Start of Block
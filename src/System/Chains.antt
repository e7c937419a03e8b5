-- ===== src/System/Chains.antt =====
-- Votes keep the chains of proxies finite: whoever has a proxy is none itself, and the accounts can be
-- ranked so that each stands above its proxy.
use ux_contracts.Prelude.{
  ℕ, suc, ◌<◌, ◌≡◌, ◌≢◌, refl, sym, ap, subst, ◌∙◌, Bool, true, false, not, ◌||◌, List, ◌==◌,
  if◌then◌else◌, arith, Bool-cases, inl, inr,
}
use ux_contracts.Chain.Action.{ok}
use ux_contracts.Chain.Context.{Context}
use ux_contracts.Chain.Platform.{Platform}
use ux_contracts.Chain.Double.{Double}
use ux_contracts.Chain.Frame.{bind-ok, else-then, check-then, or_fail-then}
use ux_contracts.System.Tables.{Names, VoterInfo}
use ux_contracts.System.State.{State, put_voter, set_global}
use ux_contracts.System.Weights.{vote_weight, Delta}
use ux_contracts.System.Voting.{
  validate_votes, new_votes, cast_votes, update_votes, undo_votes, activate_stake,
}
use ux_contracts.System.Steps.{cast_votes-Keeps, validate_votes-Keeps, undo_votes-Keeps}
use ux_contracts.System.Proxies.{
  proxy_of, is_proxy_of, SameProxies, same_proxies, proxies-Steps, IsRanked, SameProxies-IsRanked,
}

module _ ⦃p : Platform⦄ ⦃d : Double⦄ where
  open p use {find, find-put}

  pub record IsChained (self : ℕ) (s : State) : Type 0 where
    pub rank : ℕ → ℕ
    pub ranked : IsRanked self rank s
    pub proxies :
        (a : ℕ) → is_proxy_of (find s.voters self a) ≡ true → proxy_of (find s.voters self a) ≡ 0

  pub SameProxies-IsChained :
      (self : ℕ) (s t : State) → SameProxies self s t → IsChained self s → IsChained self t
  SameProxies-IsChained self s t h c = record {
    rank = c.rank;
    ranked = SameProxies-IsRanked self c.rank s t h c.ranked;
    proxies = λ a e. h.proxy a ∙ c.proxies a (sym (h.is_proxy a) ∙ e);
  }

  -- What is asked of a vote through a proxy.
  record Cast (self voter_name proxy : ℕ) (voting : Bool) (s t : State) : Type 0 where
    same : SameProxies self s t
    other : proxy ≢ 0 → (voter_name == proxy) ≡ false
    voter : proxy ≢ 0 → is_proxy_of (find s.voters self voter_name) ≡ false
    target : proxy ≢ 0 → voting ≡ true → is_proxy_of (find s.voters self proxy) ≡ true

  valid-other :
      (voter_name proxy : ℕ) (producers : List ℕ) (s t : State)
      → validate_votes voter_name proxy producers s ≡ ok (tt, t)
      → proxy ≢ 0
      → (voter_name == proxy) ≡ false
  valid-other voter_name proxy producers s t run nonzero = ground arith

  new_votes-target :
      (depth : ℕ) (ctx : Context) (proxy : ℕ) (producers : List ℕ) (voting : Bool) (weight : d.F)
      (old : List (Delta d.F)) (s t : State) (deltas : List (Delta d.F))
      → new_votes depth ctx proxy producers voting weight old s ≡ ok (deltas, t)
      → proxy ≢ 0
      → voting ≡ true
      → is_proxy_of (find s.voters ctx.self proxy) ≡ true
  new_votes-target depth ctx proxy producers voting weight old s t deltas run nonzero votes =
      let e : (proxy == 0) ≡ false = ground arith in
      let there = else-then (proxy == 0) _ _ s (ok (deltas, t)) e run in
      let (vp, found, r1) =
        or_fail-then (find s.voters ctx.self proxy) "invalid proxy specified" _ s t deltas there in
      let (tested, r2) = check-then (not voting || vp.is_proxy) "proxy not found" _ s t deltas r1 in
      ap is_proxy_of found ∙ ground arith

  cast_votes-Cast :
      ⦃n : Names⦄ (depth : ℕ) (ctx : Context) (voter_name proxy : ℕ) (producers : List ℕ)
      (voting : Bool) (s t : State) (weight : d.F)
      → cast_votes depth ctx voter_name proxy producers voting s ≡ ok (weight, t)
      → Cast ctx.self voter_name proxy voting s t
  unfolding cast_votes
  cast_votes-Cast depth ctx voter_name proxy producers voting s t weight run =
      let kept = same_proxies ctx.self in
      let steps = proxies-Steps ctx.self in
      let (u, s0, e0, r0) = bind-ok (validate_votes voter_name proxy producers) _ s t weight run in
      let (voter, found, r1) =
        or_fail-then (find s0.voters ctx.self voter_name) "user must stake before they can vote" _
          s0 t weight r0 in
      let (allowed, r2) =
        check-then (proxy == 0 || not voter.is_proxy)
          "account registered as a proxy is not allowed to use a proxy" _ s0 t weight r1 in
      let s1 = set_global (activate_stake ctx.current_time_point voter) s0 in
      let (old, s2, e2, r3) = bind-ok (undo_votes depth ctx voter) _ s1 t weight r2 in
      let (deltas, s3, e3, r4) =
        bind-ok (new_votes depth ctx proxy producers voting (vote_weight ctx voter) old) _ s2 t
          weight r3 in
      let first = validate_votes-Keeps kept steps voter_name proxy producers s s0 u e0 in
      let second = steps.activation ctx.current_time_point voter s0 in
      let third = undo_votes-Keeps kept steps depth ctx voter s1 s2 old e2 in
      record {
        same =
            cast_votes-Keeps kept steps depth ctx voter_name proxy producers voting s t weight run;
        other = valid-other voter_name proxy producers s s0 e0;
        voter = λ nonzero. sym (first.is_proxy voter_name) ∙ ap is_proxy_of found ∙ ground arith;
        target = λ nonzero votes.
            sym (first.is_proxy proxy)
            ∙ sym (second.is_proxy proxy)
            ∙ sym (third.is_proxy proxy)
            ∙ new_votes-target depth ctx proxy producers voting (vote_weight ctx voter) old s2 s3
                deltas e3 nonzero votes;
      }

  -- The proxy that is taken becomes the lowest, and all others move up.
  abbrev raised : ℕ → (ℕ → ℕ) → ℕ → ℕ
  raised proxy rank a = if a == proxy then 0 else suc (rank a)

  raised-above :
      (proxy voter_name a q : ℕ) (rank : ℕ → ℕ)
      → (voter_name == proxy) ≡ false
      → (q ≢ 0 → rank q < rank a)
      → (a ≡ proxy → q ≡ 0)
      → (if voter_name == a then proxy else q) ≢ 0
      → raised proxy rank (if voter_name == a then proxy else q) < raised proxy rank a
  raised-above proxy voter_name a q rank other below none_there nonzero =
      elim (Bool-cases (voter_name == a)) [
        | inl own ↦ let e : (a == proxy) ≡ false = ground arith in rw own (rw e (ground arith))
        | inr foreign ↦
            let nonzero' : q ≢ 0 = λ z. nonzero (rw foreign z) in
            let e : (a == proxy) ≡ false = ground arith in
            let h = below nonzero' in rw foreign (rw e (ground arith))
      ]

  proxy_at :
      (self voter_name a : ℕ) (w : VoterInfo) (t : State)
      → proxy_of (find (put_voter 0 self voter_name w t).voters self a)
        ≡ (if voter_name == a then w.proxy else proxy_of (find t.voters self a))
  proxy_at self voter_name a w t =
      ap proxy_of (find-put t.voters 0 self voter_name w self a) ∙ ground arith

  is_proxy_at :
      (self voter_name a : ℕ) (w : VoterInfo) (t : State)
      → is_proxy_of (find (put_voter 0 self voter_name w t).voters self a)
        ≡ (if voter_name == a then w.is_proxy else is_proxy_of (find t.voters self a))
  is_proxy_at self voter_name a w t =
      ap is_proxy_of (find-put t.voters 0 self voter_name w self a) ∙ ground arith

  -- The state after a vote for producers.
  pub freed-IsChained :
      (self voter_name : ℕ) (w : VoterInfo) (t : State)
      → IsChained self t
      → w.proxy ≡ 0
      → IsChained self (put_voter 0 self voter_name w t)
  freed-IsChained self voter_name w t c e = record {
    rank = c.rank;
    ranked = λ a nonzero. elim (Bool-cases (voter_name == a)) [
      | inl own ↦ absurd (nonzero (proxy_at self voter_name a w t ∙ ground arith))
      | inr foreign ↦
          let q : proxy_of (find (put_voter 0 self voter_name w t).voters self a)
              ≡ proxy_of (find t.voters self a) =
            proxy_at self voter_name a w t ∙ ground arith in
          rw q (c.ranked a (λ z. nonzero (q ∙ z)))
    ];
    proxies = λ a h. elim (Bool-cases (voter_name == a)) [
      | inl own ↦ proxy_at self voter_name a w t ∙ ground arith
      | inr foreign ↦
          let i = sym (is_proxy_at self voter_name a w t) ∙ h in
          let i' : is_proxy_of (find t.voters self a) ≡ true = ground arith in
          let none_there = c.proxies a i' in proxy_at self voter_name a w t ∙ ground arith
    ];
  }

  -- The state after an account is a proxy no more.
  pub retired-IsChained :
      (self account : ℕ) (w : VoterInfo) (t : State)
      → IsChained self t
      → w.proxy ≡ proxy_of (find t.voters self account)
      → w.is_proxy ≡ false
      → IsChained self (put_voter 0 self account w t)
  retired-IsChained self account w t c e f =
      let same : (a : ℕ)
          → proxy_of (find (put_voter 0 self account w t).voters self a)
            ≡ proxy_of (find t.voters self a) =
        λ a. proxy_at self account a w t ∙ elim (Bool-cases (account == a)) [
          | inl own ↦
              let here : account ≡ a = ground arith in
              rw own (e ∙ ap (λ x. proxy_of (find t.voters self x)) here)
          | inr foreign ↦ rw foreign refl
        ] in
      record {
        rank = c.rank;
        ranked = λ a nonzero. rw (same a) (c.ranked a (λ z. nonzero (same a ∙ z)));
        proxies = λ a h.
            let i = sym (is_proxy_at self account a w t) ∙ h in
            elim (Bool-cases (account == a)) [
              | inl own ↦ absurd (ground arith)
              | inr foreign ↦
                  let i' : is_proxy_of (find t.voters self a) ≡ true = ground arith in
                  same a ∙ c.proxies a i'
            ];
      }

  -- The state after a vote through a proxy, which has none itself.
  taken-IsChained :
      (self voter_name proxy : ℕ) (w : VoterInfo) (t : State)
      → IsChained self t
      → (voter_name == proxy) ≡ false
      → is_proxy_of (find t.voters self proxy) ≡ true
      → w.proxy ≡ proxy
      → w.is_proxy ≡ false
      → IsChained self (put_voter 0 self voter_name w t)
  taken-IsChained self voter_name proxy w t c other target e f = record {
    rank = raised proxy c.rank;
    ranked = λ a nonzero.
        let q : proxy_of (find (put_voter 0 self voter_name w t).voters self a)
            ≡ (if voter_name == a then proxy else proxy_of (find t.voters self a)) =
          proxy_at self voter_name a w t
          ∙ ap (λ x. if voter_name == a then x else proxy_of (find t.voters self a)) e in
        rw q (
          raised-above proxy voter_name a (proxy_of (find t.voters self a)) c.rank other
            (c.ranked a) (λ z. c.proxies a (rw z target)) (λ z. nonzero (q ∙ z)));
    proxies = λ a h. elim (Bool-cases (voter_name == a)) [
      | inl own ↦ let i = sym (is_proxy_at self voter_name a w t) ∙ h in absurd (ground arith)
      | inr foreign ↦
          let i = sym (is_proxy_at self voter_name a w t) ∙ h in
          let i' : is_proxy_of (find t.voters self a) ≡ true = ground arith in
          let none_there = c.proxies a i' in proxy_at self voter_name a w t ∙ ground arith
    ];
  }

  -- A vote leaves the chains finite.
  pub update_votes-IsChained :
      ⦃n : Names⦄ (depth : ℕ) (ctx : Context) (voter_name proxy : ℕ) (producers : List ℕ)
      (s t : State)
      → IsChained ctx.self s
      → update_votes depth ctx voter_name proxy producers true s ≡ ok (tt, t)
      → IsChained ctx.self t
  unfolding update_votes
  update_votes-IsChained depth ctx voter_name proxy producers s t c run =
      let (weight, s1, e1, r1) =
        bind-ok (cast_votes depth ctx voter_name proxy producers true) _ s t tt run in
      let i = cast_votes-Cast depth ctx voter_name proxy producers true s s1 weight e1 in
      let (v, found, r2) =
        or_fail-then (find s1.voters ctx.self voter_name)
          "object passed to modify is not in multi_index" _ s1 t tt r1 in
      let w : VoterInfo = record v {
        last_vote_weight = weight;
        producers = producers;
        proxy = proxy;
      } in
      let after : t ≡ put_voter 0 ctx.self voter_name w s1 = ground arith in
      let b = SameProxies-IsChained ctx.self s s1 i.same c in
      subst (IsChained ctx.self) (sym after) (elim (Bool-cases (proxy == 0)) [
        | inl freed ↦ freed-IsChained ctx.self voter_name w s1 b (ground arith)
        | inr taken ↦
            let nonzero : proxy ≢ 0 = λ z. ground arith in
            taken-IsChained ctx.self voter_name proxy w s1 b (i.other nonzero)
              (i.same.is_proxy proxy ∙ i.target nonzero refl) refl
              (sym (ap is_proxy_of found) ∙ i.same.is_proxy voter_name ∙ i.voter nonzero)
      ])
End of Block
→ YOUR OBJECTIVE
For every line above with the word "record" in it, make a copy.

→ TASK SOLUTION
  pub record IsChained (self : ℕ) (s : State) : Type 0 where
  SameProxies-IsChained self s t h c = record {
  record Cast (self voter_name proxy : ℕ) (voting : Bool) (s t : State) : Type 0 where
      record {
  freed-IsChained self voter_name w t c e = record {
      record {
  taken-IsChained self voter_name proxy w t c other target e f = record {
      let w : VoterInfo = record v {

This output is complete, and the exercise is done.